** Task to complete **
Would you return, word for word, the lines of the data below from the line with "keep_skipped : (x" through the line with "-- Filtering before", and no others?

══════

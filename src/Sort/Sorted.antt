-- ===== src/Sort/Sorted.antt =====
-- Sorting by a total, transitive test gives a sorted list, and commutes with filtering.
use agent_rca.Prelude.{
  ◌≡◌, refl, sym, Bool, true, false, List, [], ◌∷◌, ◌++◌, All, keep, arith, not, Bool-cases, inl,
  inr,
}
use agent_rca.Dict.Unique.{sort_by-All}
use agent_rca.Sort.{place, sort_by}

pub record IsOrder {ℓ} {A : Type ℓ} (before : A → A → Bool) : Type ℓ where
  pub total : (a b : A) → before a b ≡ false → before b a ≡ true
  pub trans : (a b c : A) → before a b ≡ true → before b c ≡ true → before a c ≡ true

module _ {ℓ} {A : Type ℓ} (before : A → A → Bool) where
  abbrev pub Precedes : A → List A → Type 0
  Precedes x ys = All (λ y. before x y ≡ true) ys

  abbrev pub IsSorted : List A → Type 0
  IsSorted [] = Unit
  IsSorted (x ∷ xs) = Precedes x xs × IsSorted xs

module _ {ℓ} {A : Type ℓ} (before : A → A → Bool) (laws : IsOrder before) where
  Precedes-trans :
      (x y : A) (ys : List A) → before x y ≡ true → Precedes before y ys → Precedes before x ys
  Precedes-trans x y [] h p = tt
  Precedes-trans x y (z ∷ zs) h p = (laws.trans x y z h p.0, Precedes-trans x y zs h p.1)

  place-Precedes :
      (z x : A) (ys : List A)
      → before z x ≡ true
      → Precedes before z ys
      → Precedes before z (place before x ys)
  unfolding place
  place-Precedes z x [] h p = (h, tt)
  place-Precedes z x (y ∷ ys) h p = elim (Bool-cases (before x y)) [
    | inl e ↦ rw e (h, p)
    | inr e ↦ rw e (p.0, place-Precedes z x ys h p.1)
  ]

  place-IsSorted : (x : A) (ys : List A) → IsSorted before ys → IsSorted before (place before x ys)
  unfolding place
  place-IsSorted x [] s = (tt, tt)
  place-IsSorted x (y ∷ ys) s = elim (Bool-cases (before x y)) [
    | inl e ↦ rw e ((e, Precedes-trans x y ys e s.0), s)
    | inr e ↦ rw e (place-Precedes y x ys (laws.total x y e) s.0, place-IsSorted x ys s.1)
  ]

  -- What `sorted` gives is in order.
  pub sort_by-IsSorted : (xs : List A) → IsSorted before (sort_by before xs)
  unfolding sort_by
  sort_by-IsSorted [] = tt
  sort_by-IsSorted (x ∷ xs) = place-IsSorted x (sort_by before xs) (sort_by-IsSorted xs)

  -- before everything
  place_first : (x : A) (ys : List A) → Precedes before x ys → place before x ys ≡ x ∷ ys
  unfolding place
  place_first x [] p = refl
  place_first x (y ∷ ys) p = rw p.0 refl

  module _ (p : A → Bool) where
    keep-Precedes : (x : A) (ys : List A) → Precedes before x ys → Precedes before x (keep p ys)
    keep-Precedes x [] h = tt
    keep-Precedes x (y ∷ ys) h = elim (Bool-cases (p y)) [
      | inl e ↦ rw e (h.0, keep-Precedes x ys h.1)
      | inr e ↦ rw e (keep-Precedes x ys h.1)
    ]

    placed_later :
        (x y : A) (ys : List A)
        → before x y ≡ false
        → keep p (place before x ys) ≡ place before x (keep p ys)
        → keep p (y ∷ place before x ys) ≡ place before x (keep p (y ∷ ys))
    unfolding place
    placed_later x y ys b h = elim (Bool-cases (p y)) [
      | inl e ↦ rw (e, h, b) refl
      | inr e ↦ rw (e, h) refl
    ]

    keep_placed :
        (x : A) (ys : List A)
        → p x ≡ true
        → IsSorted before ys
        → keep p (place before x ys) ≡ place before x (keep p ys)
    unfolding place
    keep_placed x [] e s = rw e refl
    keep_placed x (y ∷ ys) e s = elim (Bool-cases (before x y)) [
      | inl b ↦
          rw (b, e)
            (sym (
              place_first x (keep p (y ∷ ys))
                (keep-Precedes x (y ∷ ys) (b, Precedes-trans x y ys b s.0))))
      | inr b ↦ rw b (placed_later x y ys b (keep_placed x ys e s.1))
    ]

    keep_skipped : (x : A) (ys : List A) → p x ≡ false → keep p (place before x ys) ≡ keep p ys
    unfolding place
    keep_skipped x [] e = rw e refl
    keep_skipped x (y ∷ ys) e = ground (arith, keep_skipped x ys e)

    -- Filtering before sorting and after it give the same.
    pub keep-sort_by : (xs : List A) → keep p (sort_by before xs) ≡ sort_by before (keep p xs)
    unfolding sort_by
    keep-sort_by [] = refl
    keep-sort_by (x ∷ xs) = elim (Bool-cases (p x)) [
      | inl e ↦
          rw (e, keep_placed x (sort_by before xs) e (sort_by-IsSorted xs), keep-sort_by xs) refl
      | inr e ↦ rw (e, keep_skipped x (sort_by before xs) e, keep-sort_by xs) refl
    ]

-- A list that any two elements of are apart.
module _ {ℓ} {A : Type ℓ} (apart : A → A → Bool) where
  abbrev pub AreApart : List A → Type 0
  AreApart [] = Unit
  AreApart (x ∷ xs) = All (λ y. apart x y ≡ true) xs × AreApart xs

  keep-apart :
      (p : A → Bool) (x : A) (ys : List A)
      → All (λ y. apart x y ≡ true) ys
      → All (λ y. apart x y ≡ true) (keep p ys)
  keep-apart p x [] h = tt
  keep-apart p x (y ∷ ys) h = elim (Bool-cases (p y)) [
    | inl e ↦ rw e (h.0, keep-apart p x ys h.1)
    | inr e ↦ rw e (keep-apart p x ys h.1)
  ]

  pub keep-AreApart : (p : A → Bool) (xs : List A) → AreApart xs → AreApart (keep p xs)
  keep-AreApart p [] h = tt
  keep-AreApart p (x ∷ xs) h = elim (Bool-cases (p x)) [
    | inl e ↦ rw e (keep-apart p x xs h.0, keep-AreApart p xs h.1)
    | inr e ↦ rw e (keep-AreApart p xs h.1)
  ]

  module _ (before : A → A → Bool)
      (symmetric : (x y : A) → apart x y ≡ true → apart y x ≡ true) where
    place-apart :
        (z x : A) (ys : List A)
        → apart z x ≡ true
        → All (λ y. apart z y ≡ true) ys
        → All (λ y. apart z y ≡ true) (place before x ys)
    unfolding place
    place-apart z x [] e h = (e, tt)
    place-apart z x (y ∷ ys) e h = elim (Bool-cases (before x y)) [
      | inl b ↦ rw b (e, h)
      | inr b ↦ rw b (h.0, place-apart z x ys e h.1)
    ]

    place-AreApart :
        (x : A) (ys : List A)
        → All (λ y. apart x y ≡ true) ys
        → AreApart ys
        → AreApart (place before x ys)
    unfolding place
    place-AreApart x [] e h = (tt, tt)
    place-AreApart x (y ∷ ys) e h = elim (Bool-cases (before x y)) [
      | inl b ↦ rw b (e, h)
      | inr b ↦ rw b (place-apart y x ys (symmetric x y e.0) h.0, place-AreApart x ys e.1 h.1)
    ]

    pub sort_by-AreApart : (xs : List A) → AreApart xs → AreApart (sort_by before xs)
    unfolding sort_by
    sort_by-AreApart [] h = tt
    sort_by-AreApart (x ∷ xs) h =
        place-AreApart x (sort_by before xs) (sort_by-All before (λ y. apart x y ≡ true) xs h.0)
          (sort_by-AreApart xs h.1)

    module _ (laws : IsOrder before)
        (strict : (x y : A) → before x y ≡ true → before y x ≡ true → apart x y ≡ true → ⊥) where
      none_left :
          (x : A) (ys : List A)
          → Precedes before x ys
          → All (λ y. apart x y ≡ true) ys
          → keep (λ y. not (before y x)) ys ≡ ys
      none_left x [] p h = refl
      none_left x (y ∷ ys) p h = elim (Bool-cases (before y x)) [
        | inl b ↦ absurd (strict x y p.0 b h.0)
        | inr b ↦ rw (b, none_left x ys p.1 h.1) refl
      ]

      self : (x : A) → before x x ≡ true
      self x = elim (Bool-cases (before x x)) [ inl b ↦ b | inr b ↦ laws.total x x b ]

      next_one : (x c : A) (xs ys : List A) → Precedes before x (xs ++ c ∷ ys) → before x c ≡ true
      next_one x c [] ys p = p.0
      next_one x c (z ∷ xs) ys p = next_one x c xs ys p.1

      -- Of a sorted list of elements apart, those that are not at or before one of them are exactly
      -- those that stand after it, in their order.
      pub keep_after :
          (xs : List A) (c : A) (ys : List A)
          → IsSorted before (xs ++ c ∷ ys)
          → AreApart (xs ++ c ∷ ys)
          → keep (λ y. not (before y c)) (xs ++ c ∷ ys) ≡ ys
      keep_after [] c ys s h = rw (self c, none_left c ys s.0 h.0) refl
      keep_after (x ∷ xs) c ys s h = rw (next_one x c xs ys s.0, keep_after xs c ys s.1 h.1) refl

══════

** Solution to this problem **
    keep_skipped : (x : A) (ys : List A) → p x ≡ false → keep p (place before x ys) ≡ keep p ys
    unfolding place
    keep_skipped x [] e = rw e refl
    keep_skipped x (y ∷ ys) e = ground (arith, keep_skipped x ys e)

    -- Filtering before sorting and after it give the same.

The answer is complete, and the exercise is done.